Saat ini, Watanabe sudah kembali tenang. Meski masih agak cemberut, ia mulai menggerakkan sumpit lagi. Percakapan keempat gadis yang menyatukan meja di pojokan kelas ini terjeda beberapa saat, hingga Yahagi melontarkan topik lain ke tengah meja.
“Tapi, sempurna, kah ....” Fujiwara melirik, menyadari yang dibicarakan adalah dirinya jadi fokus pembicaraan lagi. “Aku jadi berpikir, orang seperti apa yang bisa jadi pacarnya Fujiwara-san. Jadi top di akademik dan olahraga, lalu masih punya banyak skill lainnya ....”
“Kalau dipikir lagi, andai aku jadi laki-laki, aku tidak akan berani mengejarmu.” Ichinose bergabung.
“Kalau semua begitu, hidupku di masa depan pasti dirundung kesepian. Yah, setidaknya aku punya teman.” Fujiwara menanggapi, membuat teman-temannya dan dirinya sendiri tertawa kecil.
“Tapi, dari dulu banyak yang menyatakan perasaannya ke Fujiwara-san, kan? Dulu aku sering dengar anak laki-laki membicarakan itu.” Watanabe berujar agak ragu, melirik kawan-kawannya bergantian.
“Tapi semuanya ditolak. Antara Fujiwara-san punya selera yang memang tidak bisa diikuti kebanyakan orang, atau dia cuma diam soal hubungan romansanya saat ini.” Oleh pernyataan Ichinose itu, Fujiwara mengangkat alisnya. Ia berpikir, kalau sesama wanita memang punya kesempatan lebih besar untuk memahami satu sama lain. “Menurutku yang pertama, sih.” Hanya saja, tetap, tidak semuanya tepat. Fujiwara tertawa dalam hatinya.
Melihat ada kesempatan di dalam jeda lain yang tercipta, Fujiwara mengganti topik segera. Mengesampingkan selera pribadinya, ia meminta izin untuk bertanya. Yahagi merespon dengan sedikit sentuhan canda. “Sila tanyakan apa saja, Nona.”
Akan tetapi, tidak ada yang mengira-ngira pertanyaan dari sang nona konglomerat. Watanabe, Ichinose dan Yahagi seketika memiringkan kepala bersamaan. Yang ditanyakan oleh Fujiwara adalah, bagaimana pendapat ketiga kawannya itu terkait seorang siswa bernama Satou Sakunosuke.

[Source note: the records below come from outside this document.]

-- ===== src/Apps/Retried.antt =====
-- CreateApp of internal/api/handlers/apps.go after a Persist that has saved the application's row.
use margo_hello_world.Common.{
  ℕ, String, List, [], ◌∷◌, ◌++◌, Bool, true, Option, none, some, ◌≡◌, refl, ◌∙◌, ap, ◌⊎◌, inr, any,
  arith,
}
use mathlib.Core.Option.{get_or}
use margo_hello_world.Description.{ApplicationDescription, ApplicationMetadata}
use margo_hello_world.Requests.{Registry}
use margo_hello_world.Central.{and_then}
use margo_hello_world.Fetcher.{Client}
use margo_hello_world.Apps.{
  AppRow, Store, app_row, persist, persist_profiles, Shop, failed, CreateAppRequest, create_app,
}
use margo_hello_world.Apps.Tables.{Tables, IsDatabase}
use margo_hello_world.Apps.Saving.{apps-persist_profiles}

any_last {ℓ} :
    {A : Type ℓ} (p : A → Bool) (xs : List A) (x : A) → p x ≡ true → any p (xs ++ x ∷ []) ≡ true
any_last p [] x h = ground arith
any_last p (y ∷ xs) x h = ground (arith, any_last p xs x h)

after_no_error :
    {D : Type 0} (r : D × Option String) (next : D → D × Option String)
    → r.1 ≡ none
    → and_then r next ≡ next r.0
unfolding and_then
after_no_error (d, none) next h = refl
after_no_error (d, some e) next h = cc

module _ {D Disk : Type 0} (S : Store D) (registry : D → Registry) (tables : D → Tables)
    (matches : String → String → Bool) (h : IsDatabase S registry tables matches) (C : Client Disk)
    (unmarshal : String → String ⊎ ApplicationDescription) where
  -- The row of the application stays, however the profiles and the components end.
  apps-persist :
      (ad : ApplicationDescription) (a : ApplicationMetadata) (d : D) (r : D × Option String)
      → ad.metadata.catalog.application ≡ some a
      → (S.save_app (app_row ad.metadata a) d).1 ≡ none
      → persist S ad d ≡ some r
      → (tables r.0).apps ≡ (tables d).apps ++ app_row ad.metadata a ∷ []
  unfolding persist
  apps-persist ad a d r with_app saved p =
      let row = app_row ad.metadata a in
      let k = rw (with_app, persist) at p in
      let ends = ap (λ (o : Option (D × Option String)). get_or o r) k in
      let kept =
        apps-persist_profiles S registry tables matches h ad.metadata.id ad.deployment_profiles
          (S.save_app row d).0 in
      let next = persist_profiles S ad.metadata.id ad.deployment_profiles in
      rw (← ends, after_no_error (S.save_app row d) next saved)
        (kept ∙ ap (λ t. t.apps) (h.app_saved row d saved))

  -- Over a database that answers, when Persist saved the row of an application, then whether or
  -- not it went on to end with an error, CreateApp refuses each request whose name matches that of
  -- the application as a duplicate, and changes nothing.
  pub retry_refused :
      (ad : ApplicationDescription) (a : ApplicationMetadata) (d : D) (e : Option String) (fuel : ℕ)
      (token : String) (req : CreateAppRequest) (s : Shop D Disk)
      → ad.metadata.catalog.application ≡ some a
      → (S.save_app (app_row ad.metadata a) d).1 ≡ none
      → persist S ad d ≡ some (s.db, e)
      → matches req.app_name ad.metadata.name ≡ true
      → create_app S C unmarshal fuel token (inr req) s
        ≡ some (s, failed 500 "duplicate apps found")
  unfolding create_app app_row
  retry_refused ad a d e fuel token req s with_app saved p m =
      let kept = apps-persist ad a d (s.db, e) with_app saved p in
      let row = app_row ad.metadata a in
      let test : any (λ r. matches req.app_name r.name) (tables s.db).apps ≡ true =
        rw kept (any_last (λ (r : AppRow). matches req.app_name r.name) (tables d).apps row m) in
      let (r, rs, found) = h.name_found req.app_name s.db test in rw (found, create_app) refl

“Satou-kun, ya ....” Ichinose bergumam, sekaligus mengunyah makanan dengan ujung sumpit masih di ambang bibir. Karena diam terlalu lama, Yahagi pun mengutarakan pendapatnya duluan. “Satou, ya. Menurutku dia biasa saja. Agak otaku, tapi masih dalam batas wajar.”
Ketika sang gadis berambut hime cut selesai, Ichinose mengambil gilirannya kembali. “Kalau buatku, Satou-kun orang yang baik, sih. Aku pernah dibantu mengerjakan tugas bahasa Inggris dulu. Kalau tidak salah Rui-chan juga pernah dibantu, kan, dulu?”
“Eh?!” Watanabe gelagapan mendengar namanya disebut tiba-tiba. Ia seketika memalingkan muka, dan menundukkan kepala sembari bergumam. Fujiwara menatap heran gelagat tersebut.
“Rui, jangan-jangan kau masih takut dengan Satou, ya?” Celetukan Yahagi menarik perhatian Fujiwara. Ia langsung menanyakan maksudnya.
“Tidak, tidak! Bukan begitu! Aku cuma ...,” Watanabe menyela sebelum Yahagi melanjutkan kalimatnya, “aku cuma kadang merasa tidak nyaman dengan ekspresinya Satou-kun. Bagaimana mengatakannya, ... agak dingin?”